Post written by Jasper L.A. Vleugels, MD, from the Department of Gastroenterology and Hepatology, Academic Medical Center, University of Amsterdam, Amsterdam, the Netherlands.
We compared endoscopic detection rates and distribution of sessile serrated lesions in Lynch syndrome patients to a matched control population in this case-control study.
Cancers in Lynch syndrome are generally assumed to go through the conventional adenoma-to-carcinoma development sequence, but there has been speculation as to whether the serrated neoplasia pathway plays a role. To investigate this hypothesis, we retrospectively examined results from colonoscopies and removed polyps were reviewed by specialist pathologists who were blinded to the initial diagnosis.

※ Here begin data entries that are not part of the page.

-- ===== src/Security/Idempotency.antt =====
-- src/security/Idempotency.hpp: replays of answered requests, and the lock on a request that is
-- being handled. SHA-256 and `items`, the members of a JSON object, are parameters; a stored
-- document is an object. The bodies of the refusals are their constructors here.
pub mod Setup
pub mod Replay
pub mod Locks
pub mod Triples
pub mod Steps
pub mod Exclusion
pub mod Outage
mod Tests
use tarassov_me.Prelude.{
  ℕ, ◌+◌, ◌*◌, Bool, true, false, not, ◌&&◌, ◌||◌, List, [], ◌∷◌, ◌++◌, Option, none, some, Str,
  codes, str_eq, length, ltb, leb, ◌==◌, if◌then◌else◌, is_empty, any, map, max,
}
use tarassov_me.Prelude.Int.{ℤ, pos, ltb_ℤ}
use tarassov_me.External.KeyValue.{KeyValue}
use tarassov_me.External.Json.{JsonLib}
use tarassov_me.External.Remote.{
  M, Error, bad_json, clock, call, pure, or_raise, ◌>>=◌, ◌>>◌, catching, attempt,
}
use tarassov_me.Cache.{set, set_nx, get, del, check_initialized}

pub data Method : Type 0 where
  get_method head_method post_method put_method delete_method patch_method options_method : Method

pub record Config : Type 0 where
  pub enabled : Bool
  pub ttl_sec : ℤ
  pub max_body_bytes : ℕ
  pub max_response_bytes : ℕ
  pub lock_ttl_sec : ℕ

-- What the middleware reads of a request: `subject` is the principal's, where there is one.
pub record Request : Type 0 where
  pub method : Method
  pub method_text : Str
  pub path : Str
  pub idempotency_key : Str
  pub body : Str
  pub subject : Option Str
  pub peer_ip : Str

pub record Response : Type 0 where
  pub status : ℤ
  pub content_type : Str
  pub headers : List (Str × Str)
  pub body : Str

-- The attributes that the request handler's two ends share.
pub record Tracked : Type 0 where
  pub cache_key : Str
  pub body_hash : Str
  pub lock_key : Str

pub data Outcome : Type 0 where
  pass too_large conflict : Outcome
  tracked : Tracked → Outcome
  in_progress : ℕ → Outcome
  replay : Response → Outcome

unfoldable pub is_mutating : Method → Bool
is_mutating post_method = true
is_mutating put_method = true
is_mutating delete_method = true
is_mutating patch_method = true
is_mutating _ = false

unfoldable pub lock_key : Str → Str
lock_key ck = ck ++ codes ":lock"

abbrev pub principal : Request → Str
principal r = elim r.subject [
  | none ↦ codes "anon:" ++ r.peer_ip
  | some s ↦ if is_empty s then codes "anon:" ++ r.peer_ip else s
]

abbrev lower : ℕ → ℕ
lower c = if leb 65 c && leb c 90 then c + 32 else c

unfoldable pub is_skipped : Str → Bool
is_skipped name = any (str_eq (map lower name)) (
    codes "content-length"
    ∷ codes "date"
    ∷ codes "server"
    ∷ codes "connection"
    ∷ codes "transfer-encoding"
    ∷ codes "content-type"
    ∷ [])

unfoldable pub kept_headers : List (Str × Str) → List (Str × Str)
kept_headers [] = []
kept_headers ((k, v) ∷ hs) =
    let rest = kept_headers hs in if is_skipped k then rest else (k, v) ∷ rest

module _ (sha256_hex : Str → Str) where
  unfoldable pub cache_key : Str → Str → Str → Str → Str
  cache_key who method path key =
      codes "idemp:" ++ (who ++ (58 ∷ (method ++ (58 ∷ (sha256_hex path ++ (58 ∷ key))))))

  abbrev pub key_of : Request → Str
  key_of r = cache_key (principal r) r.method_text r.path r.idempotency_key

  module _ (K : KeyValue) (J : JsonLib) (items : J.Json → List (Str × J.Json)) (cfg : Config)
      (up : Bool) where
    open K use {Db, read, remove}
    open J use {Json, text, int, object, find, get_text, get_int, dump, parse}

    -- `stored.value(key, default)`: a member of another type throws.
    abbrev pub value {ℓ} : {A : Type ℓ} → (Json → Option A) → Option Json → A → Option A
    value read_as none def = some def
    value read_as (some j) def = read_as j

    abbrev pub string_headers : List (Str × Json) → List (Str × Str)
    string_headers [] = []
    string_headers ((k, j) ∷ m) =
        let rest = string_headers m in elim (get_text j) [ none ↦ rest | some v ↦ (k, v) ∷ rest ]

    abbrev pub headers_of : Option Json → List (Str × Str)
    headers_of none = []
    headers_of (some j) = string_headers (items j)

    abbrev pub response_of : List (Str × Str) → Option ℤ → Option Str → Option Str → Option Response
    response_of hs (some status) (some ct) (some body) = some (record {
      status = status;
      content_type = ct;
      headers = hs ++ (codes "X-Idempotent-Replayed", codes "true") ∷ [];
      body = body;
    })
    response_of hs _ _ _ = none

    unfoldable pub make_replay_response : Json → Option Response
    make_replay_response j =
        response_of (headers_of (find (codes "headers") j))
          (value get_int (find (codes "status") j) (pos 200))
          (value get_text (find (codes "content_type") j) (codes "application/json"))
          (value get_text (find (codes "body") j) [])

    abbrev pub parsed : Str → Option Json → M Db (Option Json)
    parsed ck (some j) = pure (some j)
    parsed ck none = del K up ck >> pure none

    abbrev pub parse_entry : Str → Option Str → M Db (Option Json)
    parse_entry ck none = pure none
    parse_entry ck (some raw) = parsed ck (parse raw)

    unfoldable pub read_stored_entry : Str → M Db (Option Json)
    read_stored_entry ck = catching (get K up ck >>= parse_entry ck) (pure none)

    abbrev pub answer_hash : Str → Json → Str → M Db Outcome
    answer_hash hash j stored =
        if str_eq stored hash
        then (or_raise (make_replay_response j) bad_json >>= λ r. pure (replay r))
        else pure conflict

    unfoldable pub answer_stored : Str → Json → M Db Outcome
    answer_stored hash j =
        or_raise (value get_text (find (codes "req_hash") j) []) bad_json >>= answer_hash hash j

    abbrev pub recheck : Str → Option Json → M Db Outcome
    recheck hash (some j) = answer_stored hash j
    recheck hash none = pure (in_progress (max 1 cfg.lock_ttl_sec))

    abbrev pub locked : Str → Str → Bool → M Db Outcome
    locked ck hash true =
        pure (tracked (record { cache_key = ck; body_hash = hash; lock_key = lock_key ck }))
    locked ck hash false = read_stored_entry ck >>= recheck hash

    abbrev pub try_lock : Str → Str → M Db Bool
    try_lock ck hash =
        catching (set_nx K up (lock_key ck) hash (cfg.lock_ttl_sec * 1000)) (pure false)

    abbrev pub or_lock : Str → Str → Option Json → M Db Outcome
    or_lock ck hash (some j) = answer_stored hash j
    or_lock ck hash none = try_lock ck hash >>= locked ck hash

    unfoldable pub guarded : Str → Str → M Db Outcome
    guarded ck hash = read_stored_entry ck >>= or_lock ck hash

    abbrev pub is_exempt : Request → Bool
    is_exempt r =
        not cfg.enabled || not (is_mutating r.method) || is_empty r.idempotency_key || not up

    unfoldable pub pre_handle : Request → M Db Outcome
    pre_handle r =
        if is_exempt r
        then pure pass
        else if ltb cfg.max_body_bytes (length r.body)
        then pure too_large
        else guarded (key_of r) (sha256_hex r.body)

    abbrev pub is_own : Str → Option Str → Bool
    is_own owner none = false
    is_own owner (some v) = str_eq v owner

    -- The script: the lock goes if it still has the owner's value.
    unfoldable pub release : ℕ → Str → Str → Db → Db
    release now key owner d = if is_own owner (read now key d) then remove key d else d

    abbrev pub released : ℕ → Str → Str → Db → Bool × Db
    released now key owner d = (is_own owner (read now key d), release now key owner d)

    unfoldable pub drop_lock : Tracked → M Db (Unit {0})
    drop_lock t =
        if is_empty t.lock_key
        then pure tt
        else attempt (
            check_initialized K up
            >> (clock >>= λ now. call (released now t.lock_key t.body_hash) >> pure tt))

    abbrev pub header_members : List (Str × Str) → List (Str × Json)
    header_members [] = []
    header_members ((k, v) ∷ hs) = (k, text v) ∷ header_members hs

    unfoldable pub entry : Str → Response → Json
    entry hash resp = object (
        (codes "req_hash", text hash)
        ∷ (codes "status", int resp.status)
        ∷ (
          codes "content_type",
          text (if is_empty resp.content_type then codes "application/json" else resp.content_type),
        )
        ∷ (codes "headers", object (header_members (kept_headers resp.headers)))
        ∷ (codes "body", text resp.body)
        ∷ [])

    unfoldable pub store_entry : Tracked → Response → M Db (Unit {0})
    store_entry t resp = attempt (
        or_raise (dump (entry t.body_hash resp)) bad_json >>= λ raw.
        set K up t.cache_key raw cfg.ttl_sec >> pure tt)

    abbrev pub is_stored : Response → Bool
    is_stored resp =
        not (ltb_ℤ resp.status (pos 200) || not (ltb_ℤ resp.status (pos 300)))
        && not (ltb cfg.max_response_bytes (length resp.body))

    -- The destructor of the guard runs last.
    unfoldable pub post_handle : Option Tracked → Response → M Db (Unit {0})
    post_handle none resp = pure tt
    post_handle (some t) resp =
        if not cfg.enabled || not up
        then pure tt
        else (if is_stored resp then store_entry t resp else pure tt) >> drop_lock t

Endoscopic detection rates and distribution of sessile serrated lesions were compared in individuals with Lynch syndrome (n = 223) and matched controls (n = 223). In all, 7.6% of colonoscopies performed in Lynch patients and 6.7% in controls turned up sessile serrated lesions (P = 0.86), comparable rates. Moreover, none of the sessile serrated lesions were detected with any dysplasia in this high-risk population. Hence, we concluded that the function of the serrated neoplasia pathway in terms of colorectal cancer development appears to be comparable between people with Lynch syndrome and the general population. Future studies should molecularly evaluate colorectal cancers in Lynch syndrome to determine to what extent these can be attributed to the serrated neoplasia pathway.